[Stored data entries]
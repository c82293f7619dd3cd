-- ===== src/Base/Searches.antt =====
-- Searches in lists: what is found, and that it is the least where the list is in order.
use Prim.Native.Nat.{ℕ, ◌≤◌}
use mathlib.Core.Path.{◌≡◌, refl, sym, ap, ◌∙◌, fun_ext}
use mathlib.Core.Logic.{◌⊎◌, inl, inr}
use mathlib.Core.Bool.{Bool, true, false, ◌&&◌}
use mathlib.Core.Option.{Option, none, some}
use mathlib.Core.List.{List, [], ◌∷◌}
use native.Mathlib.Omega.{arith}
use signmons_calldesk_backen.Base.Tests.{Bool-cases, if◌then◌else◌, some_inj, is_some}
use signmons_calldesk_backen.Base.Lists.{All, any, filter, find}
use signmons_calldesk_backen.Base.Listwise.{All-imp}

module _ {A : Type 0} where
  -- The element is in the list.
  abbrev pub Among : A → List A → Type 0
  Among x [] = ⊥
  Among x (y ∷ ys) = (x ≡ y) ⊎ Among x ys

  abbrev pub SortedBy : (A → ℕ) → List A → Type 0
  SortedBy f [] = Unit
  SortedBy f (x ∷ xs) = All (λ y. f x ≤ f y) xs × SortedBy f xs

  pub find-filter :
      (p q : A → Bool) (xs : List A) → find p (filter q xs) ≡ find (λ x. q x && p x) xs
  find-filter p q [] = refl
  find-filter p q (x ∷ xs) = elim (Bool-cases (q x)) [
    | inl e ↦ rw e (if_same (p x) (find-filter p q xs))
    | inr e ↦ rw e (find-filter p q xs)
  ]
    where
      if_same :
          (b : Bool) {u v : Option A}
          → u ≡ v
          → (if b then some x else u) ≡ (if b then some x else v)
      if_same b h = rw h refl

  pub any-filter : (p q : A → Bool) (xs : List A) → any p (filter q xs) ≡ any (λ x. q x && p x) xs
  any-filter p q [] = refl
  any-filter p q (x ∷ xs) = elim (Bool-cases (q x)) [
    | inl e ↦ rw e (rw (any-filter p q xs) refl)
    | inr e ↦ rw e (any-filter p q xs)
  ]

  pub is_some-find : (p : A → Bool) (xs : List A) → is_some (find p xs) ≡ any p xs
  is_some-find p [] = refl
  is_some-find p (x ∷ xs) = elim (Bool-cases (p x)) [
    | inl e ↦ rw e refl
    | inr e ↦ rw e (is_some-find p xs)
  ]

  pub find_head :
      (p : A → Bool) (y : A) (ys : List A) {x : A} → p y ≡ true → find p (y ∷ ys) ≡ some x → y ≡ x
  find_head p y ys e h = some_inj (rw e at h)

  pub find_tail :
      (p : A → Bool) (y : A) (ys : List A) {o : Option A}
      → p y ≡ false
      → find p (y ∷ ys) ≡ o
      → find p ys ≡ o
  find_tail p y ys e h = rw e at h

  pub find-Among : (p : A → Bool) (xs : List A) {x : A} → find p xs ≡ some x → Among x xs
  find-Among p [] h = ground arith
  find-Among p (y ∷ ys) {x} h = elim (Bool-cases (p y)) [
    | inl e ↦ inl (sym (some_inj (rw e at h)))
    | inr e ↦ inr (find-Among p ys (rw e at h))
  ]

  pub find_none-All : (p : A → Bool) (xs : List A) → find p xs ≡ none → All (λ x. p x ≡ false) xs
  find_none-All p [] h = tt
  find_none-All p (y ∷ ys) h = elim (Bool-cases (p y)) [
    | inl e ↦ absurd (no_some (rw e at h))
    | inr e ↦ (e, find_none-All p ys (rw e at h))
  ]
    where
      no_some : (some y ≡ none) → ⊥
      no_some k = ground arith

  -- In a list that is in order, what is found is the least that fits.
  pub find-least :
      (f : A → ℕ) (p : A → Bool) (xs : List A) {x : A}
      → SortedBy f xs
      → find p xs ≡ some x
      → All (λ y. (p y ≡ false) ⊎ (f x ≤ f y)) xs
  find-least f p [] s h = tt
  find-least f p (y ∷ ys) {x} s h = elim (Bool-cases (p y)) [
    | inl e ↦
        let same : y ≡ x = some_inj (rw e at h) in
        (
          inr (rw same (omega arith)),
          All-imp (λ z. f y ≤ f z) (λ z. (p z ≡ false) ⊎ (f x ≤ f z)) ys
              (λ z le. inr (rw (← same) le)) s.0,
        )
    | inr e ↦ (inl e, find-least f p ys s.1 (rw e at h))
  ]

&&-assoc : (a b c : Bool) → (a && (b && c)) ≡ ((a && b) && c)
&&-assoc true b c = refl
&&-assoc false b c = refl

module _ {A : Type 0} (p q r : A → Bool) (xs : List A) where
  -- Two filters and a search are one search.
  pub find-filter-filter : find r (filter q (filter p xs)) ≡ find (λ x. p x && q x && r x) xs
  find-filter-filter =
      find-filter r q (filter p xs)
      ∙ find-filter (λ x. q x && r x) p xs
      ∙ ap (λ t. find t xs) (fun_ext (λ x. &&-assoc (p x) (q x) (r x)))

  pub any-filter-filter : any r (filter q (filter p xs)) ≡ any (λ x. p x && q x && r x) xs
  any-filter-filter =
      any-filter r q (filter p xs)
      ∙ any-filter (λ x. q x && r x) p xs
      ∙ ap (λ t. any t xs) (fun_ext (λ x. &&-assoc (p x) (q x) (r x)))
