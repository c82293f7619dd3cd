-- ===== src/Base/Token.antt =====
-- Signed tokens, `<payload>.<signature>`, as jobs/technician-link.service.ts and
-- scheduling/scheduling.service.ts make and split them. The digest, base64url and JSON are given.
use signmons_calldesk_backen.Base.Tests.{◌==◌, leb, if◌then◌else◌, Bool-cases}
use signmons_calldesk_backen.Base.Lists.{All}
use signmons_calldesk_backen.Base.Text.{Text, trim, trim_start, is_space, is_digit, truthy}
use signmons_calldesk_backen.Base.Json.{Json}
use Prim.Native.Nat.{ℕ}
use mathlib.Core.Path.{◌≡◌, refl, ap, sym, ◌∙◌}
use mathlib.Core.Logic.{inl, inr}
use mathlib.Core.Bool.{Bool, true, false, ◌&&◌, ◌||◌}
use mathlib.Core.Option.{Option}
use mathlib.Core.List.{List, [], ◌∷◌, ◌++◌, reverse, append-nil, reverse-cons, reverse-reverse}
use native.Mathlib.Omega.{arith}

-- `sign` is the HMAC of a text under the service's secret, in base64url; `encode` is JSON in base64url,
-- and `decode` undoes both, or throws.
pub record Codec : Type 0 where
  pub sign : Text → Text
  pub encode : Json → Text
  pub decode : Text → Option Json

abbrev join_unit : ℕ → List Text → List Text
join_unit c [] = (c ∷ []) ∷ []
join_unit c (p ∷ ps) = (c ∷ p) ∷ ps

-- `text.split(separator)` for a separator of one code unit
unfoldable pub split : ℕ → Text → List Text
split sep [] = [] ∷ []
split sep (c ∷ s) = let rest = split sep s in if c == sep then [] ∷ rest else join_unit c rest

-- The payload, a dot, and the payload's signature.
unfoldable pub token_of : Codec → Text → Text
token_of c encoded = encoded ++ b'.' ∷ c.sign encoded

-- The alphabet of base64url.
abbrev pub is_base64url : ℕ → Bool
is_base64url c =
    is_digit c || leb b'A' c && leb c b'Z' || leb b'a' c && leb c b'z' || c == b'-' || c == b'_'

-- A text that base64url gives for a payload that is not empty.
abbrev pub IsEncoded : Text → Type 0
IsEncoded t = (truthy t ≡ true) × All (λ c. is_base64url c ≡ true) t

base64url-ne-dot : (c : ℕ) → is_base64url c ≡ true → (c == b'.') ≡ false
base64url-ne-dot c h = ground arith

pub split-cons :
    (a s : Text)
    → All (λ c. is_base64url c ≡ true) a
    → split b'.' (a ++ b'.' ∷ s) ≡ a ∷ split b'.' s
unfolding split
split-cons [] s h = refl
split-cons (c ∷ a) s h = rw (base64url-ne-dot c h.0, split-cons a s h.1)

pub split_one : (a : Text) → All (λ c. is_base64url c ≡ true) a → split b'.' a ≡ a ∷ []
unfolding split
split_one [] h = refl
split_one (c ∷ a) h = rw (base64url-ne-dot c h.0, split_one a h.1)

-- A token comes apart into its payload and the payload's signature.
pub split-token_of :
    (c : Codec) (encoded : Text)
    → IsEncoded encoded
    → IsEncoded (c.sign encoded)
    → split b'.' (token_of c encoded) ≡ encoded ∷ c.sign encoded ∷ []
unfolding token_of
split-token_of c encoded h k =
    split-cons encoded (c.sign encoded) h.1
    ∙ ap (λ ps. encoded ∷ ps) (split_one (c.sign encoded) k.1)

base64url-ne-space : (c : ℕ) → is_base64url c ≡ true → is_space c ≡ false
base64url-ne-space c h = ground arith

abbrev NoSpace : Text → Type 0
NoSpace = All (λ c. is_space c ≡ false)

NoSpace-append : (s t : Text) → NoSpace s → NoSpace t → NoSpace (s ++ t)
NoSpace-append [] t h k = k
NoSpace-append (c ∷ s) t h k = (h.0, NoSpace-append s t h.1 k)

NoSpace-reverse : (s : Text) → NoSpace s → NoSpace (reverse s)
NoSpace-reverse [] h = tt
NoSpace-reverse (c ∷ s) h =
    rw reverse-cons (NoSpace-append (reverse s) (c ∷ []) (NoSpace-reverse s h.1) (h.0, tt))

NoSpace-of_base64url : (s : Text) → All (λ c. is_base64url c ≡ true) s → NoSpace s
NoSpace-of_base64url [] h = tt
NoSpace-of_base64url (c ∷ s) h = (base64url-ne-space c h.0, NoSpace-of_base64url s h.1)

trim_start-NoSpace : (s : Text) → NoSpace s → trim_start s ≡ s
unfolding trim_start
trim_start-NoSpace [] h = refl
trim_start-NoSpace (c ∷ s) h = rw (h.0) refl

trim-NoSpace : (s : Text) → NoSpace s → trim s ≡ s
unfolding trim
trim-NoSpace s h =
    rw (trim_start-NoSpace s h)
      (rw (trim_start-NoSpace (reverse s) (NoSpace-reverse s h)) (reverse-reverse s))

-- Trimming leaves a token alone.
pub trim-token_of :
    (c : Codec) (encoded : Text)
    → IsEncoded encoded
    → IsEncoded (c.sign encoded)
    → trim (token_of c encoded) ≡ token_of c encoded
unfolding token_of
trim-token_of c encoded h k = trim-NoSpace (encoded ++ b'.' ∷ c.sign encoded) (
    NoSpace-append encoded (b'.' ∷ c.sign encoded) (NoSpace-of_base64url encoded h.1)
      (refl, NoSpace-of_base64url (c.sign encoded) k.1))

-- The parts of a text, each behind a separator, spell the text.
abbrev separated : ℕ → List Text → Text
separated sep [] = []
separated sep (p ∷ ps) = sep ∷ p ++ separated sep ps

tail_eq : (a b : ℕ) (s t : Text) → a ∷ s ≡ b ∷ t → s ≡ t
tail_eq a b s t h = ground arith

separated-join_unit :
    (sep c : ℕ) (s : Text) (ps : List Text)
    → separated sep ps ≡ sep ∷ s
    → separated sep (join_unit c ps) ≡ sep ∷ c ∷ s
separated-join_unit sep c s [] h = ground arith
separated-join_unit sep c s (p ∷ ps) h =
    ap (λ t. sep ∷ c ∷ t) (tail_eq sep sep (p ++ separated sep ps) s h)

separated-split : (sep : ℕ) (s : Text) → separated sep (split sep s) ≡ sep ∷ s
unfolding split
separated-split sep [] = refl
separated-split sep (c ∷ s) = elim (Bool-cases (c == sep)) [
  | inl e ↦ rw e (rw (separated-split sep s) (ap (λ d. sep ∷ d ∷ s) (sym (same e))))
  | inr e ↦ rw e (separated-join_unit sep c s (split sep s) (separated-split sep s))
]
  where
    same : (c == sep) ≡ true → c ≡ sep
    same h = ground arith

-- A text with two parts is the two, with the separator between them.
pub eq_of_split : (sep : ℕ) (s a b : Text) → split sep s ≡ a ∷ b ∷ [] → s ≡ a ++ sep ∷ b
eq_of_split sep s a b h =
    let spelt : sep ∷ a ++ (sep ∷ b ++ []) ≡ sep ∷ s = rw h at (separated-split sep s) in
    sym (rw append-nil at (tail_eq sep sep (a ++ (sep ∷ b ++ [])) s spelt))
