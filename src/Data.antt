-- ===== src/Data.antt =====
-- prisma/schema.prisma: the enumerations and the columns that the modelled services read and write.
pub mod Enums
pub mod Rows
pub mod Store
pub mod Keeps
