-- ===== src/Data/Enums.antt =====
-- prisma/schema.prisma: the enumerations.
use signmons_calldesk_backen.Base.{Bool, true, false}

pub data JobStatus : Type 0 where
  created offered accepted declined expired in_progress completed cancelled : JobStatus

pub data TechnicianJobStatus : Type 0 where
  assigned accepted en_route in_progress completed : TechnicianJobStatus

pub data JobUrgency : Type 0 where
  standard high emergency : JobUrgency

pub data PaymentStatus : Type 0 where
  pending succeeded failed refunded canceled : PaymentStatus

pub data RefundStatus : Type 0 where
  none partial full : RefundStatus

pub data StripeEventStatus : Type 0 where
  pending processed failed : StripeEventStatus

pub data SubscriptionStatus : Type 0 where
  trialing active past_due canceled unpaid : SubscriptionStatus

-- `===` on the enumerations.
abbrev pub job_status_eq : JobStatus → JobStatus → Bool
job_status_eq JobStatus.created JobStatus.created = true
job_status_eq JobStatus.offered JobStatus.offered = true
job_status_eq JobStatus.accepted JobStatus.accepted = true
job_status_eq JobStatus.declined JobStatus.declined = true
job_status_eq JobStatus.expired JobStatus.expired = true
job_status_eq JobStatus.in_progress JobStatus.in_progress = true
job_status_eq JobStatus.completed JobStatus.completed = true
job_status_eq JobStatus.cancelled JobStatus.cancelled = true
job_status_eq _ _ = false

abbrev pub payment_status_eq : PaymentStatus → PaymentStatus → Bool
payment_status_eq PaymentStatus.pending PaymentStatus.pending = true
payment_status_eq PaymentStatus.succeeded PaymentStatus.succeeded = true
payment_status_eq PaymentStatus.failed PaymentStatus.failed = true
payment_status_eq PaymentStatus.refunded PaymentStatus.refunded = true
payment_status_eq PaymentStatus.canceled PaymentStatus.canceled = true
payment_status_eq _ _ = false

abbrev pub urgency_eq : JobUrgency → JobUrgency → Bool
urgency_eq JobUrgency.standard JobUrgency.standard = true
urgency_eq JobUrgency.high JobUrgency.high = true
urgency_eq JobUrgency.emergency JobUrgency.emergency = true
urgency_eq _ _ = false
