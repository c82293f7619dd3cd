-- ===== src/Data/Rows.antt =====
-- prisma/schema.prisma: the rows of the tables, with the columns that the modelled services use.
use signmons_calldesk_backen.Base.{Bool, Option, Instant, ℕ}
use signmons_calldesk_backen.Base.Text.{Text, Key}
use signmons_calldesk_backen.Base.Json.{Json}
use signmons_calldesk_backen.Data.Enums.{
  JobStatus, TechnicianJobStatus, JobUrgency, PaymentStatus, RefundStatus, StripeEventStatus,
  SubscriptionStatus,
}

pub record Job : Type 0 where
  pub id : Key
  pub tenant_id : Key
  pub customer_id : Key
  pub service_category_id : Key
  pub assigned_user_id : Option Key
  pub assigned_user_tenant_id : Option Key
  pub status : JobStatus
  pub technician_status : Option TechnicianJobStatus
  pub technician_status_updated_at : Option Instant
  pub urgency : JobUrgency
  pub intake_session_id : Option Key
  pub pricing_snapshot : Json
  pub policy_snapshot : Json
  pub preferred_time_text : Option Text
  pub service_window_start : Option Instant
  pub service_window_end : Option Instant
  pub calendar_event_id : Option Key
  pub accepted_at : Option Instant
  pub completed_at : Option Instant
  pub updated_at : Instant
  pub deleted_at : Option Instant

pub record Payment : Type 0 where
  pub id : Key
  pub tenant_id : Key
  pub job_id : Key
  pub status : PaymentStatus
  pub stripe_payment_intent_id : Option Key
  pub stripe_checkout_session_id : Option Key
  pub request_key_hash : Option Key
  pub checkout_expires_at : Option Instant
  pub requested_at : Option Instant
  pub stripe_charge_id : Option Key
  pub destination_account_id : Option Key
  pub amount_total_cents : ℕ
  pub application_fee_amount_cents : ℕ
  pub currency : Text
  pub refund_status : RefundStatus
  pub refund_amount_cents : Option ℕ
  pub stripe_refund_id : Option Key
  pub refund_reason : Option Text
  pub updated_at : Instant

pub record Tenant : Type 0 where
  pub id : Key
  pub stripe_connect_account_id : Option Key
  pub charges_enabled : Bool

pub record Subscription : Type 0 where
  pub tenant_id : Key
  pub plan_id : Text
  pub status : SubscriptionStatus
  pub current_period_start : Instant
  pub current_period_end : Instant

pub record StripeEvent : Type 0 where
  pub tenant_id : Key
  pub stripe_event_id : Key
  pub type : Text
  pub payment_id : Key
  pub created : Json
  pub processing_status : StripeEventStatus
  pub processed_at : Option Instant
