-- ===== src/Data/Store.antt =====
-- The state that the services share: one table for each model of prisma/schema.prisma. What a table
-- is kept as belongs to the database, so the six types are parameters.
use signmons_calldesk_backen.Base.{ℕ, Bool, List, Action, ok, effects}
use signmons_calldesk_backen.Base.Table.{Table, list_table}
use signmons_calldesk_backen.Base.Audit.{Audit}
use signmons_calldesk_backen.Data.Rows.{Job, Payment, Tenant, Subscription, StripeEvent}

pub record Store (J P T U E A : Type 0) : Type 0 where
  pub jobs : J
  pub payments : P
  pub tenants : T
  pub subscriptions : U
  pub stripe_events : E
  pub audits : A

-- The client's calls on each table.
pub record Client (J P T U E A : Type 0) : Type 0 where
  pub job : Table J Job
  pub payment : Table P Payment
  pub tenant : Table T Tenant
  pub subscription : Table U Subscription
  pub stripe_event : Table E StripeEvent
  pub audit_log : Table A Audit

abbrev pub ListStore : Type 0
ListStore =
    Store (List Job) (List Payment) (List Tenant) (List Subscription) (List StripeEvent)
      (List Audit)

-- The client over tables that are lists.
abbrev pub list_client :
    Client
      (List Job)
      (List Payment)
      (List Tenant)
      (List Subscription)
      (List StripeEvent)
      (List Audit)
list_client = record {
  job = list_table Job;
  payment = list_table Payment;
  tenant = list_table Tenant;
  subscription = list_table Subscription;
  stripe_event = list_table StripeEvent;
  audit_log = list_table Audit;
}

-- The client's calls as actions on the store.
module _ {J P T U E A : Type 0} (db : Client J P T U E A) where
  unfoldable pub update_jobs : (Job → Bool) → (Job → Job) → Action (Store J P T U E A) ℕ
  update_jobs p f s =
      let (n, jobs') = db.job.update_many p f s.jobs in (ok n, record s { jobs = jobs' })

  unfoldable pub update_payments :
      (Payment → Bool) → (Payment → Payment) → Action (Store J P T U E A) ℕ
  update_payments p f s =
      let (n, payments') = db.payment.update_many p f s.payments in
      (ok n, record s { payments = payments' })

  unfoldable pub create_payment : Payment → Action (Store J P T U E A) (Unit {0})
  create_payment r s = (ok tt, record s { payments = db.payment.create r s.payments })

  unfoldable pub create_audit : Audit → Action (Store J P T U E A) (Unit {0})
  create_audit a s = (ok tt, record s { audits = db.audit_log.create a s.audits })

  unfoldable pub create_stripe_event : StripeEvent → Action (Store J P T U E A) (Unit {0})
  create_stripe_event e s =
      (ok tt, record s { stripe_events = db.stripe_event.create e s.stripe_events })

  unfoldable pub update_stripe_events :
      (StripeEvent → Bool) → (StripeEvent → StripeEvent) → Action (Store J P T U E A) ℕ
  update_stripe_events p f s =
      let (n, events') = db.stripe_event.update_many p f s.stripe_events in
      (ok n, record s { stripe_events = events' })

-- Named on an `unfolding` line, it opens the calls above and the effects.
unfoldable pub store_effects : Unit {0}
unfolding effects update_jobs update_payments create_payment create_audit create_stripe_event
    update_stripe_events
store_effects = tt
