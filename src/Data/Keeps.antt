-- ===== src/Data/Keeps.antt =====
-- Actions under which every payment row stays related to what it was: a Hoare rule for each call.
use signmons_calldesk_backen.Base.{
  Bool, true, false, Option, none, some, HttpError, Result, ok, err, Action, pure, throw, throw_if,
  when, or_throw, lift, gets, modify, after, commit, transaction, ◌>>=◌, ◌>>◌, ◌≡◌, [], ◌∷◌,
}
use signmons_calldesk_backen.Base.Table.{
  Extends, Extends-refl, Extends-trans, Extends-append, Extends-update_rows,
}
use signmons_calldesk_backen.Base.Audit.{Audit}
use signmons_calldesk_backen.Data.Rows.{Payment}
use signmons_calldesk_backen.Data.Store.{
  Store, Client, update_payments, create_payment, create_audit, store_effects,
}

module _ {J P T U E A : Type 0} (db : Client J P T U E A) (Q : Payment → Payment → Type 0)
    (same : (r : Payment) → Q r r) (trans : (a b c : Payment) → Q a b → Q b c → Q a c) where
  abbrev S : Type 0
  S = Store J P T U E A

  abbrev pub Kept : S → S → Type 0
  Kept s t = Extends Q (db.payment.rows s.payments) (db.payment.rows t.payments)

  pub Kept-refl : (s : S) → Kept s s
  Kept-refl s = Extends-refl Q same (db.payment.rows s.payments)

  pub Kept-trans : (s t u : S) → Kept s t → Kept t u → Kept s u
  Kept-trans s t u =
      Extends-trans Q trans (db.payment.rows s.payments) (db.payment.rows t.payments)
        (db.payment.rows u.payments)

  pub record Keeps {B : Type 0} (m : Action S B) : Type 0 where
    pub kept : (s : S) → Kept s (m s).1

  pub Keeps-bind :
      {B C : Type 0} (m : Action S B) (f : B → Action S C)
      → Keeps m
      → ((b : B) → Keeps (f b))
      → Keeps (m >>= f)
  unfolding store_effects
  Keeps-bind {B} {C} m f hm hf = record { kept = λ s. go s (m s) (hm.kept s) }
    where
      go : (s : S) (r : Result B × S) → Kept s r.1 → Kept s (after f r).1
      go s (ok a, s') h = Kept-trans s s' (f a s').1 h ((hf a).kept s')
      go s (err e, s') h = h

  pub Keeps-then :
      {C : Type 0} (m : Action S (Unit {0})) (k : Action S C) → Keeps m → Keeps k → Keeps (m >> k)
  unfolding ◌>>◌
  Keeps-then m k hm hk = Keeps-bind m (λ _. k) hm (λ _. hk)

  pub Keeps-transaction : {B : Type 0} (m : Action S B) → Keeps m → Keeps (transaction m)
  unfolding store_effects
  Keeps-transaction {B} m hm = record { kept = λ s. go s (m s) (hm.kept s) }
    where
      go : (s : S) (r : Result B × S) → Kept s r.1 → Kept s (commit s r).1
      go s (ok a, s') h = h
      go s (err e, s') h = Kept-refl s

  pub Keeps-throw_if : (b : Bool) (e : HttpError) → Keeps (throw_if b e)
  unfolding store_effects
  Keeps-throw_if true e = record { kept = Kept-refl }
  Keeps-throw_if false e = record { kept = Kept-refl }

  pub Keeps-or_throw : {B : Type 0} (o : Option B) (e : HttpError) → Keeps (or_throw o e)
  unfolding store_effects
  Keeps-or_throw none e = record { kept = Kept-refl }
  Keeps-or_throw (some a) e = record { kept = Kept-refl }

  pub Keeps-when : (b : Bool) (m : Action S (Unit {0})) → Keeps m → Keeps (when b m)
  unfolding store_effects
  Keeps-when true m h = h
  Keeps-when false m h = record { kept = Kept-refl }

  pub Keeps-update_payments :
      (p : Payment → Bool) (f : Payment → Payment)
      → ((r : Payment) → p r ≡ true → Q r (f r))
      → Keeps (update_payments db p f)
  unfolding store_effects
  Keeps-update_payments p f step = record {
    kept = λ s.
        rw db.payment.rows-update_many
          (Extends-update_rows Q p f same step (db.payment.rows s.payments));
  }

  pub Keeps-create_payment : (r : Payment) → Keeps (create_payment db r)
  unfolding store_effects
  Keeps-create_payment r = record {
    kept = λ s.
        rw db.payment.rows-create (Extends-append Q same (db.payment.rows s.payments) (r ∷ []));
  }

  pub Keeps-create_audit : (a : Audit) → Keeps (create_audit db a)
  unfolding store_effects
  Keeps-create_audit a = record { kept = Kept-refl }

  pub Keeps-gets : {B : Type 0} (f : S → B) → Keeps (gets f)
  unfolding store_effects
  Keeps-gets f = record { kept = Kept-refl }

  pub Keeps-result : {B : Type 0} (r : Result B) → Keeps (lift r)
  unfolding store_effects
  Keeps-result r = record { kept = Kept-refl }

  pub Keeps-pure : {B : Type 0} (b : B) → Keeps (pure b)
  unfolding store_effects
  Keeps-pure b = record { kept = Kept-refl }

  pub Keeps-throw : {B : Type 0} (e : HttpError) → Keeps (throw {A = B} e)
  unfolding store_effects
  Keeps-throw e = record { kept = Kept-refl }

  pub Keeps-modify : (f : S → S) → ((s : S) → Kept s (f s)) → Keeps (modify f)
  unfolding store_effects
  Keeps-modify f h = record { kept = h }
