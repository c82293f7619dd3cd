-- ===== src/Dispatch.antt =====
-- src/jobs: which technician a job goes to.
pub mod Postal
pub mod Routing
pub mod Board
pub mod Assign
pub mod Unassign
mod Tests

Work request — Within the data above, the lines from the one with "(rw (trim_start-NoSpace (reverse" to the one with "separated-split : (sep" must be repeated exactly; no other line belongs in the answer.

Expected answer —
      (rw (trim_start-NoSpace (reverse s) (NoSpace-reverse s h)) (reverse-reverse s))

-- Trimming leaves a token alone.
pub trim-token_of :
    (c : Codec) (encoded : Text)
    → IsEncoded encoded
    → IsEncoded (c.sign encoded)
    → trim (token_of c encoded) ≡ token_of c encoded
unfolding token_of
trim-token_of c encoded h k = trim-NoSpace (encoded ++ b'.' ∷ c.sign encoded) (
    NoSpace-append encoded (b'.' ∷ c.sign encoded) (NoSpace-of_base64url encoded h.1)
      (refl, NoSpace-of_base64url (c.sign encoded) k.1))

-- The parts of a text, each behind a separator, spell the text.
abbrev separated : ℕ → List Text → Text
separated sep [] = []
separated sep (p ∷ ps) = sep ∷ p ++ separated sep ps

tail_eq : (a b : ℕ) (s t : Text) → a ∷ s ≡ b ∷ t → s ≡ t
tail_eq a b s t h = ground arith

separated-join_unit :
    (sep c : ℕ) (s : Text) (ps : List Text)
    → separated sep ps ≡ sep ∷ s
    → separated sep (join_unit c ps) ≡ sep ∷ c ∷ s
separated-join_unit sep c s [] h = ground arith
separated-join_unit sep c s (p ∷ ps) h =
    ap (λ t. sep ∷ c ∷ t) (tail_eq sep sep (p ++ separated sep ps) s h)

separated-split : (sep : ℕ) (s : Text) → separated sep (split sep s) ≡ sep ∷ s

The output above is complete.